J’ai le sentiment que la génération qui arrive aujourd’hui sur le marché du travail est beaucoup plus exposée aux problématiques de notre monde. Cette conscience des enjeux sociaux et environnementaux pousse les jeunes à devenir acteurs du changement. Ils sont à la fois mieux informés et mieux formés, mais aussi mieux équipés : ils peuvent expérimenter de multiples outils pour s’engager, grâce au financement participatif notamment. Et puisque les millennials s’y autorisent, les autres générations, déjà installées dans l’entreprise, osent exprimer à leur tour cette envie de réconcilier vie privée et vie professionnelle.

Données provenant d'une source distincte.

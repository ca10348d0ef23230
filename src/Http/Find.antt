-- ===== src/Http/Find.antt =====
-- http.h: what `find_first_match` finds, against the occurrences in memory.
use zfl.Base.{
  ℕ, zero, suc, ◌+◌, ◌-◌, ◌≤◌, ◌<◌, ◌≡◌, ◌≢◌, refl, Bool, true, false, ◌||◌, Option, none, some, [],
  ◌∷◌, ◌++◌, >>=-eq-some, ◌==◌, if◌then◌else◌, Bytes, length, take, drop, arith, inl, inr,
  Bool-cases, All, ◌∙◌,
}
use zfl.Http.{is_char, last_match, find_from, find_first_match}

-- The text `c` stands at the start of `p`.
abbrev pub Starts : Bytes → Bytes → Type 0
Starts p [] = Unit
Starts [] (c ∷ cs) = ⊥
Starts (x ∷ p) (c ∷ cs) = (x ≡ c) × Starts p cs

pub is_char-true : (p c : Bytes) → is_char p c ≡ some true → Starts p c
unfolding is_char
is_char-true p [] h = tt
is_char-true [] (c ∷ cs) h = cc
is_char-true (x ∷ p) (c ∷ cs) h = ground (arith, is_char-true p cs)

is_char-false : (p c : Bytes) → is_char p c ≡ some false → ¬ Starts p c
unfolding is_char
is_char-false p [] h s = cc
is_char-false [] (c ∷ cs) h s = s
is_char-false (x ∷ p) (c ∷ cs) h s = ground (arith, is_char-false p cs)

pub Starts-is_char : (p c : Bytes) → Starts p c → is_char p c ≡ some true
unfolding is_char
Starts-is_char p [] s = refl
Starts-is_char [] (c ∷ cs) s = absurd s
Starts-is_char (x ∷ p) (c ∷ cs) s = ground (arith, Starts-is_char p cs)

-- No NUL among these bytes.
abbrev pub NoNul : Bytes → Type 0
NoNul = All (λ x. x ≢ 0)

-- What a result says: the first occurrence that starts within `size` bytes and behind no NUL, or
-- that there is none.
pub data Finds (p : Bytes) (size : ℕ) (c : Bytes) : Option ℕ → Type 0 where
  found :
      {i : ℕ}
      → i ≤ size
      → NoNul (take i p)
      → Starts (drop i p) c
      → ((j : ℕ) → j < i → ¬ Starts (drop j p) c)
      → Finds p size c (some i)
  missing : ((j : ℕ) → j ≤ size → NoNul (take j p) → ¬ Starts (drop j p) c) → Finds p size c none

-- A result of the loop counts from the bytes that it has passed.
abbrev shift : ℕ → Option ℕ → Option ℕ
shift i none = none
shift i (some j) = some (i + j)

-- Where the loop stops for want of bytes or at a NUL, only this place is left to match.
last-Finds :
    (p c : Bytes) (left i : ℕ) {r : Option ℕ}
    → ((j : ℕ) → j ≤ left → NoNul (take j p) → j ≡ 0)
    → last_match c i p ≡ some r
    → (s : Option ℕ) × Finds p left c s × (r ≡ shift i s)
last-Finds p c left i {r} only h =
    let (m, here, e) = >>=-eq-some (is_char p c) (λ m. some (if m then some i else none)) h in
    decided m here e
  where
    decided :
        (m : Bool)
        → is_char p c ≡ some m
        → some (if m then some i else none) ≡ some r
        → (s : Option ℕ) × Finds p left c s × (r ≡ shift i s)
    decided true here e = (
      some 0,
      found (omega arith) tt (is_char-true p c here) (λ j lt. absurd (omega arith)),
      ground arith,
    )
    decided false here e =
        (none, missing (λ j le clean. rw (only j le clean) (is_char-false p c here)), ground arith)

-- One byte that is no NUL and starts no match is passed.
skip-Finds :
    (x : ℕ) (p c : Bytes) (left i : ℕ) {r s : Option ℕ}
    → left ≢ 0
    → x ≢ 0
    → ¬ Starts (x ∷ p) c
    → Finds p (left - 1) c s
    → r ≡ shift (i + 1) s
    → (t : Option ℕ) × Finds (x ∷ p) left c t × (r ≡ shift i t)
skip-Finds x p c left i pos nz differs (found {i = k} le clean here first) e =
    (some (suc k), found (omega arith) (nz, clean) here before, ground arith)
  where
    before : (j : ℕ) → j < suc k → ¬ Starts (drop j (x ∷ p)) c
    before zero lt = differs
    before (suc j) lt = first j (omega arith)
skip-Finds x p c left i pos nz differs (missing none_at) e = (none, missing anywhere, ground arith)
  where
    anywhere : (j : ℕ) → j ≤ left → NoNul (take j (x ∷ p)) → ¬ Starts (drop j (x ∷ p)) c
    anywhere zero le clean = differs
    anywhere (suc j) le clean = none_at j (omega arith) clean.1

-- Only the first place is within no bytes, or before a NUL.
at_nul :
    (x : ℕ) (p : Bytes) (left j : ℕ)
    → (left == 0 || x == 0) ≡ true
    → j ≤ left
    → NoNul (take j (x ∷ p))
    → j ≡ 0
at_nul x p left zero e le clean = refl
at_nul x p left (suc j) e le clean = absurd (clean.0 (ground arith))

-- One round of the loop, from what the rounds behind it find.
round-Finds :
    (x : ℕ) (p c : Bytes) (left i : ℕ) {r : Option ℕ} (m : Bool)
    → (left == 0 || x == 0) ≡ false
    → is_char (x ∷ p) c ≡ some m
    → (if m then last_match c i (x ∷ p) else find_from c (i + 1) (left - 1) p) ≡ some r
    → (find_from c (i + 1) (left - 1) p ≡ some r
        → (s : Option ℕ) × Finds p (left - 1) c s × (r ≡ shift (i + 1) s))
    → (s : Option ℕ) × Finds (x ∷ p) left c s × (r ≡ shift i s)
round-Finds x p c left i true more here e later = (
  some 0,
  found (omega arith) tt (is_char-true (x ∷ p) c here) (λ j lt. absurd (omega arith)),
  ground arith,
)
round-Finds x p c left i false more here e later =
    let (s, f, e') = later e in
    skip-Finds x p c left i (ground arith) (ground arith) (is_char-false (x ∷ p) c here) f e'

find_from-Finds :
    (p c : Bytes) (left i : ℕ) {r : Option ℕ}
    → find_from c i left p ≡ some r
    → (s : Option ℕ) × Finds p left c s × (r ≡ shift i s)
unfolding find_from
find_from-Finds [] c left i h = elim (Bool-cases (left == 0)) [
  | inl z ↦ last-Finds [] c left i (λ j le clean. ground arith) (rw z at h)
  | inr more ↦ absurd (ground arith)
]
find_from-Finds (x ∷ p) c left i {r} h = elim (Bool-cases (left == 0 || x == 0)) [
  | inl z ↦ last-Finds (x ∷ p) c left i (λ j le clean. at_nul x p left j z le clean) (rw z at h)
  | inr more ↦
      let (m, here, e) =
        >>=-eq-some (is_char (x ∷ p) c)
          (λ m. if m then last_match c i (x ∷ p) else find_from c (i + 1) (left - 1) p)
          (rw more at h) in
      round-Finds x p c left i m more here e (find_from-Finds p c (left - 1) (i + 1))
]

-- What `find_first_match` returns is the first place within `size` bytes, with no NUL in front,
-- where the text stands; it returns -1 only if there is none. The place may be `size` itself, so
-- that the match lies behind the bytes that the caller allows.
pub find_first_match-Finds :
    (p : Bytes) (size : ℕ) (c : Bytes) {r : Option ℕ}
    → find_first_match p size c ≡ some r
    → Finds p size c r
unfolding find_first_match
find_first_match-Finds p size c h =
    let (s, f, e) = find_from-Finds p c size 0 h in rw (e ∙ shift_zero s) f
  where
    shift_zero : (s : Option ℕ) → shift 0 s ≡ s
    shift_zero none = refl
    shift_zero (some j) = ground arith

-- Neither a NUL nor the byte `f`.
abbrev pub Clean : ℕ → Bytes → Type 0
Clean f = All (λ x. (x ≢ 0) × (x ≢ f))

is_char-append : (cs rest : Bytes) → is_char (cs ++ rest) cs ≡ some true
unfolding is_char
is_char-append [] rest = refl
is_char-append (c ∷ cs) rest = ground (arith, is_char-append cs rest)

find_from-Clean :
    (pre rest cs : Bytes) (f left i : ℕ)
    → Clean f pre
    → f ≢ 0
    → length pre ≤ left
    → find_from (f ∷ cs) i left (pre ++ ((f ∷ cs) ++ rest)) ≡ some (some (i + length pre))
unfolding find_from is_char
find_from-Clean [] rest cs f left i clean nz le = ground (arith, is_char-append cs rest)
find_from-Clean (x ∷ pre) rest cs f left i clean nz le =
    ground (arith, find_from-Clean pre rest cs f (left - 1) (i + 1) clean.1 nz)

-- Text with no NUL and without the first byte of `f ∷ cs` is passed up to where that stands.
pub find_first_match-Clean :
    (pre rest cs : Bytes) (f size : ℕ)
    → Clean f pre
    → f ≢ 0
    → length pre ≤ size
    → find_first_match (pre ++ ((f ∷ cs) ++ rest)) size (f ∷ cs) ≡ some (some (length pre))
unfolding find_first_match
find_first_match-Clean pre rest cs f size clean nz le =
    ground (arith, find_from-Clean pre rest cs f size 0 clean nz le)

find_from-nul :
    (pre rest cs : Bytes) (f left i : ℕ)
    → Clean f pre
    → f ≢ 0
    → find_from (f ∷ cs) i left (pre ++ (0 ∷ rest)) ≡ some none
unfolding find_from is_char
find_from-nul [] rest cs f left i clean nz = ground arith
find_from-nul (x ∷ pre) rest cs f left i clean nz =
    ground (arith, find_from-nul pre rest cs f (left - 1) (i + 1) clean.1 nz)

-- The search ends at a NUL, without a match if the first byte of `f ∷ cs` does not come before.
pub find_first_match-nul :
    (pre rest cs : Bytes) (f size : ℕ)
    → Clean f pre
    → f ≢ 0
    → find_first_match (pre ++ (0 ∷ rest)) size (f ∷ cs) ≡ some none
unfolding find_first_match
find_first_match-nul pre rest cs f size clean nz = find_from-nul pre rest cs f size 0 clean nz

Par exemple, si l’engagement bénévole est assez fort en dehors du temps de travail, on se permet désormais de faire entrer ce volet de soi au sein de l’entreprise.

Est-ce vraiment nouveau ?

Oui et non. On peut en effet relativiser ce mouvement : certains salariés sont des pionniers, des moteurs. On les appelle les « intrapreneurs sociaux » : ils vont être les vecteurs de transformation de l’entreprise. On ne les croise pas à tous les coins de rue, mais il y en a toujours eu. Simplement, on les a nommés, et ils vont se multiplier, car tous les grands groupes investissent dans des programmes d’incubateurs, de fab lab, etc.

Que signifie, pour vous, « trouver » ou « retrouver du sens » en exerçant son métier ?

Je distingue deux niveaux. Le premier : comprendre pourquoi on accomplit une tâche, pourquoi on fait son métier. Savoir quelle direction on prend collectivement et quel est notre rôle individuel dans cette organisation. C’est la base de cette quête de sens, au sens propre du terme ! L’autre niveau, plus puissant, représente un levier de réalisation très fort : il s’agit d’avoir un impact positif sur la planète et les hommes.

Cette étape nous engage et nous dépasse en tant que simple individu. Pour l’entreprise, un projet de transformation sociale ou environnementale représente une excellente façon d’attirer et de retenir les talents.

Mais quelle valeur donner à l’immatériel ?

On doit savoir valoriser dans un travail tout ce qui a une valeur autre que financière. La question de l’épanouissement ne se règle que dans une équation globale à variables multiples : l’intérêt manuel ou intellectuel de son emploi par rapport à ses appétences, le sens qu’il a pour soi et pour la société, mais aussi le niveau d’autonomie, de responsabilité, de salaire… Cela nécessite de très bien se connaître, de savoir sur quelles dimensions se focaliser dans une matrice complexe. Il y a parfois distorsion entre ce que l’on cherche et ce qui, au bout du compte, nous épanouit.

La possibilité de se réaliser dans sa vie professionnelle n’est-elle pas réservée à une élite ?

Non. Si l’on exclut, par exemple, l’industrie du tabac ou de l’armement, chaque projet d’entreprise peut porter une dimension forte, chaque métier aussi. La Camif, par exemple, était une entreprise de vente de meubles à distance pour les instituteurs de l’après-guerre. Rachetée en 2009, elle intègre aujourd’hui des logiques de revalorisation des territoires, d’inclusion sociale, d’économie circulaire, de recyclage, etc. Les ambitions environnementales impactent l’ensemble des salariés – du comptable au directeur de ligne.

Pour des métiers plus difficiles, comme ceux du service à la personne, on peut connaître un fort niveau de réalisation de soi si l’organisation offre de l’autonomie, propice à l’empathie et au partage. A l’inverse, si les plannings sont standardisés et optimisés, on finit par perdre le lien social et le sens de son travail.

Vous-même, vous avez opéré un virage à 180 degrés. Quelles ont été les réactions autour de vous ?

Mes proches m’ont regardée avec des yeux ronds quand je suis arrivée à Ashoka : quelle drôle d’idée de diviser son salaire par trois ! Mais, pour moi, cela représentait enfin le moyen de réconcilier logique business et logique d’impact. S’engager, c’est faire bouger les lignes de l’intérieur, c’est réinventer ses produits ou ses services, c’est repenser son métier pour créer à la fois de la valeur économique et de la valeur sociale. Si l’idée paraît encore antinomique, je reste optimiste. Il y a cinq ans, on prêchait dans le désert. Aujourd’hui, les gens ont envie d’en être.